If you don’t want to install the linux-tools-aws package then you can just install linux-tools-\uname -r`` again, and everything should be fine.

Collecting data

The simplest use of perf mem report is this:

sudo perf report -- hostname

This is going to run the hostname command with perf. Looking at the output we can see

ubuntu@kyouko:~$ sudo perf record -- hostname
kyouko
[ perf record: Woken up 1 times to write data ]
[ perf record: Captured and wrote 0.006 MB perf.data (10 samples) ]

It turns out that the number of samples is completely configurable using the -F parameter. By default perf samples at 4000Hz - so 4000 samples a second.
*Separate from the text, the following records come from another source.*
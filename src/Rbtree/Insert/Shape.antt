-- ===== src/Rbtree/Insert/Shape.antt =====
-- `rb_insert` and `rb_insert_if_absent` on a red-black tree.
use javalette.Prelude.{◌*◌, ◌≡◌, refl, List, [], ◌∷◌, arith, Returns, Returns-bind, sym, ◌<◌}
use javalette.Rbtree.{red, Node, nil, node, Frame, from_left, from_right, RbPair, Rbtree}
use javalette.Rbtree.Balance.{IsRedBlack}
use javalette.Rbtree.Insert.{do_insert, insert, insert_if_absent, reserve, attach, insert_unless}
use javalette.Rbtree.Insert.Walks.{At, Follows, Arrived, locate-Arrived, descend-Arrived}
use javalette.Rbtree.Insert.Balanced.{Built, insert_fixup-Built}

module _ {ℓ} {K : Type ℓ} ⦃p : RbPair K⦄ where
  -- The walk starts at the root, with an empty stack.
  pub At-root : (t : Rbtree K) → IsRedBlack t → At t.bh t.root []
  At-root t v = ground arith

  pub attach_lem : (x : K) (f : Frame K) (fs : List (Frame K)) → Follows x (f ∷ fs) → attach x f ≡ f
  attach_lem x (from_left c k r) fs h = ground arith
  attach_lem x (from_right c l k) fs h = ground arith

  pub do_insert-IsRedBlack :
      (t : Rbtree K) (x : K) (stack : List (Frame K))
      → At t.bh nil stack
      → Follows x stack
      → Returns IsRedBlack (do_insert t x stack)
  unfolding do_insert
  do_insert-IsRedBlack t x [] a f = ground arith
  do_insert-IsRedBlack t x (parent ∷ stack) a f = rw (attach_lem x parent stack f) (
      Returns-bind Built IsRedBlack _ _
        (insert_fixup-Built t.bh 0 (node red nil x nil) (parent ∷ stack) (ground arith) refl refl
          a.fits (sym a.inside))
        (λ r b. record { balanced = b.0; black_root = b.1; counted = b.2 }))

  pub reserve_keeps : (t : Rbtree K) → ((reserve t).bh ≡ t.bh) × ((reserve t).root ≡ t.root)
  unfolding reserve
  reserve_keeps t = ground arith

  -- Every index that the assertion on the depth lets through lies in the stack.
  pub reserve_room : (t : Rbtree K) → t.bh * 2 < (reserve t).stack_size
  unfolding reserve
  reserve_room t = ground arith

  -- On a red-black tree `rb_insert` fails no assertion, and the new tree is red-black again.
  pub insert-IsRedBlack : (t : Rbtree K) (x : K) → IsRedBlack t → Returns IsRedBlack (insert t x)
  unfolding insert
  insert-IsRedBlack t x v =
      Returns-bind (λ stack. Arrived t.bh x t.root (nil, stack)) IsRedBlack _ _
        (descend-Arrived t.bh x t.root (At-root t v))
        (λ stack a. do_insert-IsRedBlack (reserve t) x stack (rw (reserve_keeps t).0 a.0) a.1.1)

  insert_unless-IsRedBlack :
      (t : Rbtree K) (x : K) (at : Node K × List (Frame K))
      → IsRedBlack t
      → At t.bh at.0 at.1
      → Follows x at.1
      → Returns (λ (t', found). IsRedBlack t') (insert_unless t x at)
  insert_unless-IsRedBlack t x (node c l k r, stack) v a f = v
  insert_unless-IsRedBlack t x (nil, stack) v a f =
      Returns-bind IsRedBlack (λ (t', found). IsRedBlack t') _ _
        (do_insert-IsRedBlack t x stack a f) (λ t' v'. v')

  pub reserve-IsRedBlack : (t : Rbtree K) → IsRedBlack t → IsRedBlack (reserve t)
  unfolding reserve
  reserve-IsRedBlack t v = ground arith

  -- The same for `rb_insert_if_absent`.
  pub insert_if_absent-IsRedBlack :
      (t : Rbtree K) (x : K)
      → IsRedBlack t
      → Returns (λ (t', found). IsRedBlack t') (insert_if_absent t x)
  unfolding insert_if_absent
  insert_if_absent-IsRedBlack t x v =
      Returns-bind (Arrived t.bh x t.root) (λ (t', found). IsRedBlack t') _ _
        (locate-Arrived t.bh x t.root (At-root t v))
        (λ at a.
          insert_unless-IsRedBlack (reserve t) x at (reserve-IsRedBlack t v)
            (rw (reserve_keeps t).0 a.0) a.1.1)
If we wanted to increase that, to that we can get a better view into our short-lived program we could use max to sample at the maximum allowed frequency (10kHz on my box).

ubuntu@kyouko:~$ sudo perf record -Fmax -- hostname
info: Using a maximum frequency rate of 100000 Hz
kyouko
[ perf record: Woken up 1 times to write data ]
[ perf record: Captured and wrote 0.012 MB perf.data (169 samples) ]
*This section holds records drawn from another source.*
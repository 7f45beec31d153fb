-- ===== src/Rbtree/Delete/Balanced.antt =====
-- `rb_delete_fixup`, its fuel, and the colouring rules.
use javalette.Prelude.{
  ℕ, zero, suc, ◌+◌, ◌*◌, ◌≤◌, ◌<◌, ◌≡◌, refl, ◌∙◌, Option, List, [], ◌∷◌, length, arith, Returns,
  Returns-bind, Returns-assert, ◌⊎◌, inl, inr,
}
use javalette.Rbtree.{
  is_black, Color, red, black, Node, nil, node, Frame, from_left, from_right, color, plug, paint,
  frame_color,
}
use javalette.Rbtree.Balance.{IsBalanced, height, Fits, outer, top_color, Allows, weight}
use javalette.Rbtree.Insert.Balanced.{Built, Allows-black, Built-plug}
use javalette.Rbtree.Delete.{delete_branch, restore_left, restore_right, delete_fixup}

Returns-delete_branch {ℓ κ} :
    {A : Type ℓ} (P : A → Type κ) (z wl wr w : Color) (a b c d : Option A)
    → (z ≡ red → Returns P a)
    → (z ≡ black → wl ≡ black → wr ≡ black → w ≡ black → Returns P b)
    → (z ≡ black → wl ≡ black → wr ≡ black → w ≡ red → Returns P c)
    → (z ≡ black → (wl ≡ red) ⊎ (wr ≡ red) → Returns P d)
    → Returns P (delete_branch z wl wr w a b c d)
Returns-delete_branch P red wl wr w a b c d f g h k = f refl
Returns-delete_branch P black black black black a b c d f g h k = g refl refl refl refl
Returns-delete_branch P black black black red a b c d f g h k = h refl refl refl refl
Returns-delete_branch P black red wr w a b c d f g h k = k refl (inl refl)
Returns-delete_branch P black black red w a b c d f g h k = k refl (inr refl)

module _ {ℓ} {K : Type ℓ} where
  -- The rounds that are left: a turn below a black parent adds a red one.
  abbrev pub rounds : Color → List (Frame K) → ℕ
  rounds red fs = 0
  rounds black [] = 0
  rounds black (f ∷ fs) = length fs * 3 + 3 + weight (frame_color f) * 4

  -- A subtree of black height `h` that may hang below any parent of the colour `c`.
  abbrev pub Restored : ℕ → Color → Node K → Type 0
  Restored h c t = IsBalanced t × (height t ≡ h) × (color t ≡ c)

  restore_left-Restored :
      (h : ℕ) (c : Color) (z : Node K) (k : K) (wc : Color) (wl : Node K) (wk : K) (wr : Node K)
      → IsBalanced z
      → height z + 1 ≡ h
      → IsBalanced (node wc wl wk wr)
      → height (node wc wl wk wr) ≡ h
      → Allows c wc
      → color z ≡ black
      → (color wl ≡ red) ⊎ (color wr ≡ red)
      → Returns (Restored (h + weight c) c) (restore_left c z k wc wl wk wr)
  unfolding restore_left
  restore_left-Restored h c z k red wl wk wr b e wb we a zb n = ground arith
  restore_left-Restored h c z k black wl wk (node red wrl wrk wrr) b e wb we a zb n = ground arith
  restore_left-Restored h c z k black (node lc ll lk lr) wk nil b e wb we a zb n = ground arith
  restore_left-Restored h c z k black nil wk nil b e wb we a zb n = ground arith
  restore_left-Restored h c z k black nil wk (node black wrl wrk wrr) b e wb we a zb n =
      ground arith
  restore_left-Restored h c z k black (node lc ll lk lr) wk (node black wrl wrk wrr) b e wb we a zb
        n =
      ground arith

  restore_right-Restored :
      (h : ℕ) (c wc : Color) (wl : Node K) (wk : K) (wr : Node K) (k : K) (z : Node K)
      → IsBalanced z
      → height z + 1 ≡ h
      → IsBalanced (node wc wl wk wr)
      → height (node wc wl wk wr) ≡ h
      → Allows c wc
      → color z ≡ black
      → (color wl ≡ red) ⊎ (color wr ≡ red)
      → Returns (Restored (h + weight c) c) (restore_right c wc wl wk wr k z)
  unfolding restore_right
  restore_right-Restored h c red wl wk wr k z b e wb we a zb n = ground arith
  restore_right-Restored h c black (node red ll lk lr) wk wr k z b e wb we a zb n = ground arith
  restore_right-Restored h c black nil wk (node rc rl rk rr) k z b e wb we a zb n = ground arith
  restore_right-Restored h c black nil wk nil k z b e wb we a zb n = ground arith
  restore_right-Restored h c black (node black ll lk lr) wk nil k z b e wb we a zb n = ground arith
  restore_right-Restored h c black (node black ll lk lr) wk (node rc rl rk rr) k z b e wb we a zb
        n =
      ground arith

  paint_black : (z : Node K) → color z ≡ black → paint black z ≡ z
  paint_black nil e = refl
  paint_black (node c l k r) e = rw e

  -- A red node takes the extra black.
  fill_red :
      (bh h : ℕ) (z : Node K) (fs : List (Frame K))
      → IsBalanced (paint black z)
      → height z + 1 ≡ h
      → Fits h fs
      → bh ≡ outer h fs
      → color z ≡ red
      → Built (plug (paint black z) fs, bh)
  fill_red bh h nil fs b e f o r = cc
  fill_red bh h (node c l k x) fs b e f o r =
      Built-plug bh h (node black l k x) fs b (ground arith) f (Allows-black (top_color fs)) o

  rise_left :
      (h : ℕ) (c : Color) (z : Node K) (k : K) (wc : Color) (wl : Node K) (wk : K) (wr : Node K)
      (rest : List (Frame K))
      → IsBalanced z
      → height z + 1 ≡ h
      → Fits h (from_left c k (node wc wl wk wr) ∷ rest)
      → color z ≡ black
      → color wl ≡ black
      → color wr ≡ black
      → wc ≡ black
      → IsBalanced (paint black (node c z k (node red wl wk wr)))
        × (height (node c z k (node red wl wk wr)) + 1 ≡ h + weight c)
  rise_left h c z k wc wl wk wr rest b e f zb lb rb wb = ground arith

  turn_left :
      (h : ℕ) (c : Color) (z : Node K) (k : K) (wc : Color) (wl : Node K) (wk : K) (wr : Node K)
      (rest : List (Frame K))
      → Fits h (from_left c k (node wc wl wk wr) ∷ rest)
      → wc ≡ red
      → Fits h (from_left red k wl ∷ from_left black wk wr ∷ rest)
        × (outer h (from_left c k (node wc wl wk wr) ∷ rest)
            ≡ outer h (from_left red k wl ∷ from_left black wk wr ∷ rest))
        × (c ≡ black)
  turn_left h red z k wc wl wk wr rest f wr' = absurd (cc f.2)
  turn_left h black z k wc wl wk wr rest f wr' = ground arith

  rise_right :
      (h : ℕ) (c wc : Color) (wl : Node K) (wk : K) (wr : Node K) (k : K) (z : Node K)
      (rest : List (Frame K))
      → IsBalanced z
      → height z + 1 ≡ h
      → Fits h (from_right c (node wc wl wk wr) k ∷ rest)
      → color z ≡ black
      → color wl ≡ black
      → color wr ≡ black
      → wc ≡ black
      → IsBalanced (paint black (node c (node red wl wk wr) k z))
        × (height (node c (node red wl wk wr) k z) + 1 ≡ h + weight c)
  rise_right h c wc wl wk wr k z rest b e f zb lb rb wb = ground arith

  turn_right :
      (h : ℕ) (c wc : Color) (wl : Node K) (wk : K) (wr : Node K) (k : K) (z : Node K)
      (rest : List (Frame K))
      → Fits h (from_right c (node wc wl wk wr) k ∷ rest)
      → wc ≡ red
      → Fits h (from_right red wr k ∷ from_right black wl wk ∷ rest)
        × (outer h (from_right c (node wc wl wk wr) k ∷ rest)
            ≡ outer h (from_right red wr k ∷ from_right black wl wk ∷ rest))
        × (c ≡ black)
  turn_right h red wc wl wk wr k z rest f wr' = absurd (cc f.2)
  turn_right h black wc wl wk wr k z rest f wr' = ground arith

  rounds-le : (c : Color) (fs : List (Frame K)) → rounds c fs ≤ length fs * 3 + weight c * 4
  rounds-le red fs = omega arith
  rounds-le black [] = omega arith
  rounds-le black (from_left red k r ∷ fs) = omega arith
  rounds-le black (from_left black k r ∷ fs) = omega arith
  rounds-le black (from_right red l k ∷ fs) = omega arith
  rounds-le black (from_right black l k ∷ fs) = omega arith

  turn_rounds :
      (c : Color) (fuel : ℕ) (rest : List (Frame K))
      → c ≡ black
      → length rest * 3 + 3 + weight c * 4 < suc fuel
      → suc (length rest) * 3 + 3 + 0 * 4 < fuel
  turn_rounds red fuel rest e m = cc
  turn_rounds black fuel rest e m = omega arith

  pub delete_fixup-Built :
      (fuel bh h : ℕ) (z : Node K) (fs : List (Frame K))
      → rounds (color z) fs < fuel
      → IsBalanced (paint black z)
      → height z + 1 ≡ h
      → Fits h fs
      → bh ≡ outer h fs
      → Returns Built (delete_fixup fuel bh z fs)
  unfolding delete_fixup
  delete_fixup-Built zero bh h z fs m b e f o = elim m [ ]
  delete_fixup-Built (suc fuel) bh h nil [] m b e f o = ground arith
  delete_fixup-Built (suc fuel) bh h (node red l k x) [] m b e f o = ground arith
  delete_fixup-Built (suc fuel) bh h (node black l k x) [] m b e f o = ground arith
  delete_fixup-Built (suc fuel) bh h z (from_left c k nil ∷ rest) m b e f o = absurd (omega arith)
  delete_fixup-Built (suc fuel) bh h z (from_right c nil k ∷ rest) m b e f o = absurd (omega arith)
  delete_fixup-Built (suc fuel) bh h z (from_left c k (node wc wl wk wr) ∷ rest) m b e f o =
      Returns-delete_branch Built (color z) (color wl) (color wr) wc _ _ _ _
        (λ zr. fill_red bh h z (from_left c k (node wc wl wk wr) ∷ rest) b e f o zr)
        (λ zb lb rb wb.
          let up =
            rise_left h c z k wc wl wk wr rest (rw (paint_black z zb) at b) e f zb lb rb wb in
          delete_fixup-Built fuel bh (h + weight c) (node c z k (node red wl wk wr)) rest
            (omega (arith, rounds-le c rest, rw zb at m)) up.0 up.1 f.4 o)
        (λ zb lb rb red_w.
          let turned = turn_left h c z k wc wl wk wr rest f red_w in
          Returns-assert Built (is_black c) _ (rw turned.2) (
            delete_fixup-Built fuel bh h z (from_left red k wl ∷ from_left black wk wr ∷ rest)
              (rw zb (turn_rounds c fuel rest turned.2 (rw zb at m))) b e turned.0 (o ∙ turned.1)))
        (λ zb n.
          Returns-bind (Restored (h + weight c) c) Built _ _
            (restore_left-Restored h c z k wc wl wk wr (rw (paint_black z zb) at b) e f.0 f.1 f.2 zb
              n)
            (λ t (tb, th, tc). Built-plug bh (h + weight c) t rest tb th f.4 (rw tc f.3) o))
  delete_fixup-Built (suc fuel) bh h z (from_right c (node wc wl wk wr) k ∷ rest) m b e f o =
      Returns-delete_branch Built (color z) (color wl) (color wr) wc _ _ _ _
        (λ zr. fill_red bh h z (from_right c (node wc wl wk wr) k ∷ rest) b e f o zr)
        (λ zb lb rb wb.
          let up =
            rise_right h c wc wl wk wr k z rest (rw (paint_black z zb) at b) e f zb lb rb wb in
          delete_fixup-Built fuel bh (h + weight c) (node c (node red wl wk wr) k z) rest
            (omega (arith, rounds-le c rest, rw zb at m)) up.0 up.1 f.4 o)
        (λ zb lb rb red_w.
          let turned = turn_right h c wc wl wk wr k z rest f red_w in
          Returns-assert Built (is_black c) _ (rw turned.2) (
            delete_fixup-Built fuel bh h z (from_right red wr k ∷ from_right black wl wk ∷ rest)
              (rw zb (turn_rounds c fuel rest turned.2 (rw zb at m))) b e turned.0 (o ∙ turned.1)))
        (λ zb n.
          Returns-bind (Restored (h + weight c) c) Built _ _
            (restore_right-Restored h c wc wl wk wr k z (rw (paint_black z zb) at b) e f.0 f.1 f.2
              zb n)
            (λ t (tb, th, tc). Built-plug bh (h + weight c) t rest tb th f.4 (rw tc f.3) o))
You can change the max frequency by altering the kernel.perf_event_max_sample_rate sysctl parameter if you really want to, but it’s probably not necessary for most uses.

Another parameter I have found useful is --call-graph: this allows you to specify which debugger data format your binaries have been compiled with, and generates a call-graph so you can see exactly which parts of your code are responsible for memory related things.

Let’s have a real world example. I’ve compiled a version of Ruby that I want to benchmark. I’ve used these compile settings to enable debug symbols and turn off compile time optimisations, because I want to be able to read the call graph.

export debugflags='-g'
export optflags='-O0'
export RUBY_DEVEL='yes'

Now I want to run Railsbench using my custom Ruby binary. I’d change directory into the railbench checkout and run this:

sudo --preserve-env=GEM_ROOT,GEM_HOME,GEM_PATH perf mem record --call-graph dwarf -F 100 -- setarch x86_64 -R nice -20 taskset -c 75 $HOME/.rubies/master/bin/ruby bin/bench

That all feels a bit “draw the rest of the fucking owl” compared to the simple commands we’ve looked at so far, so lets break it down:

sudo --preserve-env=GEM_ROOT,GEM_HOME,GEM_PATH: Our railsbench command is going to be run under sudo which will create a new shell with an empty env. In order to use the gems we’ve installed into our bundle, we need to forward these variables from our users environment.
perf mem record --call-graph -F 200: I’ve dropped the frequency down to 100Hz from 4000Hz. Railsbench is a complex program so we probably don’t need quite as many samples in order to get an accurate picture of what’s going on. I don’t really have any advice to give on how to tune this variable - I’m still learning so please @ me with why I’m wrong, but 200 gives me a more manageable 12MB of data to process rather than ~240MB when left at the default

Now everything after the -- is my benchmark command:

setarch x86_64 -R: report the architecture in our programs environment as x86_64, and turn off address space randomization. ASR is a security feature that randomizes the address space of a program to prevent functions being places at predictable addresses in memory. We turn this off when benchmarking to remove it as a variable between runs.
nice -20: This tells the process scheduler to give our process a different priority on the CPU. Negative numbers, down to -20 tell the scheduler to favour our process, positive numbers from 0 to 19 tell the scheduler to favour other processes.
taskset -c 75: Constrain this process so that it only runs on the 75th core of this machine (subtle flex there).
$HOME/.rubies/master/bin/ruby bin/bench: I compiled Ruby with --prefix=$HOME/.rubies/master so this is where my custom binary lives, and bin/bench is the script to execute in Railsbench.